Super Bore XL: The Drinking Game
I’m guessing that many of you are newbies to NFL football, or at least caring about one of the teams in the game. I mean, most years I TiVo the game just to see the commercials because the game is terrible.
So, to bide your time while you’re waiting for the latest beer commerical with the skimpy model doing something that is hi-larious with some horse or something… here’s a little drinking game for you.

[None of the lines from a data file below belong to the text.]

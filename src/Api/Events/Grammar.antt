-- ===== src/Api/Events/Grammar.antt =====
-- The order of the server-sent events of one reply.
use perplexity_proxy_go.Prelude.{
  ◌≡◌, refl, ◌∙◌, List, [], ◌∷◌, ◌++◌, map, String, ◌==◌, if◌then◌else◌,
}
use perplexity_proxy_go.Errors.{Result, ok, err}
use perplexity_proxy_go.Json.{Value}
use perplexity_proxy_go.Pplx.Conversation.{Answer}
use perplexity_proxy_go.Api.Events.{content_block_delta, closing, stream_events}

-- Where a client of the Anthropic protocol stands; `broken` after an event out of order.
pub data Phase : Type 0 where
  idle started in_block block_done stopping complete failed broken : Phase

unfoldable pub step : Phase → String → Phase
step idle name = if name == "message_start" then started else broken
step started name = if name == "content_block_start" then in_block else broken
step in_block name =
    if name == "content_block_delta"
    then in_block
    else if name == "content_block_stop"
    then block_done
    else if name == "error"
    then failed
    else broken
step block_done name = if name == "message_delta" then stopping else broken
step stopping name = if name == "message_stop" then complete else broken
step _ name = broken

unfoldable pub read : Phase → List (String × Value) → Phase
unfolding step
read p [] = p
read p ((name, body) ∷ es) = read (step p name) es

abbrev pub phase_of : Result Answer → Phase
phase_of (ok a) = complete
phase_of (err e) = failed

read-deltas :
    (deltas : List String) (rest : List (String × Value))
    → read in_block (map content_block_delta deltas ++ rest) ≡ read in_block rest
unfolding read
read-deltas [] rest = refl
read-deltas (d ∷ deltas) rest = read-deltas deltas rest

read-closing : (r : Result Answer) → read in_block (closing r) ≡ phase_of r
unfolding read
read-closing (ok a) = refl
read-closing (err e) = refl

-- A streamed reply follows the protocol from its first event to its last: it is complete when the
-- ask succeeds, and ends in one error event when it fails, after any number of deltas.
pub read-stream_events :
    (query model : String) (deltas : List String) (r : Result Answer)
    → read idle (stream_events query model deltas r) ≡ phase_of r
unfolding read stream_events
read-stream_events query model deltas r = read-deltas deltas (closing r) ∙ read-closing r
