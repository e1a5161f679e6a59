-- ===== src/Api/Events/Tokens.antt =====
-- The token estimate is a quarter of the bytes, but never 0 for a text.
use Prim.Native.String.{len}
use Prim.Native.String.len
use text.Mathlib.TextPositions.{len_utf8-pos}
use perplexity_proxy_go.Prelude.{
  ap, ◌+◌, ◌*◌, ◌≤◌, ◌<◌, false, refl, ◌≡◌, ◌≢◌, ◌⊎◌, inl, inr, String, ◌==◌, ltb, ltb→lt,
  Bool-cases, eq_iff, arith,
}
use perplexity_proxy_go.Api.Events.{estimate_tokens}

len-pos : (s : String) → s ≢ "" → 0 < len s
len-pos String.[] h = absurd (h refl)
len-pos (String.◌∷◌ c s) h = rw (len.cons c s) (let (k, e) = len_utf8-pos c in omega (arith, e))

-- A text counts as no token if it is empty, as one if it has one to three bytes, and otherwise as a
-- quarter of its bytes, rounded down: four bytes for each token are no more than its bytes, and four
-- for each and four more are more.
pub estimate_tokens_bounds :
    (s : String)
    → ((s ≡ "") × (estimate_tokens s ≡ 0))
      ⊎ ((1 ≤ len s) × (len s < 4) × (estimate_tokens s ≡ 1))
      ⊎ ((4 ≤ len s) × (4 * estimate_tokens s ≤ len s) × (len s < 4 * estimate_tokens s + 4))
unfolding estimate_tokens
estimate_tokens_bounds s = elim (Bool-cases (s == "")) [
  | inl e ↦ inl ((eq_iff s "").0 e, ap estimate_tokens ((eq_iff s "").0 e))
  | inr n ↦
      let some_bytes = len-pos s (λ e. let full : ("" == "") ≡ false = rw e at n in cc) in
      elim (Bool-cases (ltb (len s) 4)) [
        | inl short ↦ inr (inl (omega (arith, some_bytes), ltb→lt (len s) 4 short, ground arith))
        | inr long ↦ inr (inr (ground arith, ground (arith, n), ground (arith, n)))
      ]
]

METBLOGS DISCLAIMER: PLEASE DRINK RESPONSIBLY. AND THAT INCLUDES NON-ALCOHOLIC BEVERAGES, TOO. I MEAN, DO YOU WANT TO GO ON SO MANY PEE BREAKS THAT PEOPLE THINK YOU HAVE PROSTATE CANCER AND WHEN THE GAME GETS REALLY BORING IN THE THIRD QUARTER ONE OF YOUR PARTY MEMBERS PUTS ON A RUBBER GLOVE AND TELLS YOU IT MAY HURT?
THE GAME
Drink:
- Whenever Jerome Bettis’ hometown is mentioned
- Whenever Joey Porter and Jerramy Stevens are mentioned in the same sentence
- Upon the mention of “mustache,” “latte,” “steel,” “red zone,” or “rain” by the commentators
- The first time one of your party members asks, “What’s that yellow line?”
- Every time Shaun Alexander’s contract status is mentioned
- Whenever Lofa Tatupu and Troy Polamalu’s nationality (Samoan) and college (USC) are mentioned
- For every ABC TV sitcom promotion or commercial
Down the whole bottle:
- The first time and every time they state the fact the Seahawks can legally tackle Troy Polamalu by the hair
- Every time a member of the Rolling Stones exposes his nipple
- The first and every time a member of the party says, “That commercial sucked.”
- Whenever they mention that “Grey’s Anatomy: Code Black” is on right after the game
Down the whole frikkin’ six-pack if the Seahawks actually win this thing. The Seahawks winning the Super Bore is the surest sign of the End Times there is.
Happy Drinking!


Anyone keeping track of how many drinks should be had? Or are all y’all actually drinking =D
At this point, just start drinking to numb the pain. It’s pretty much over.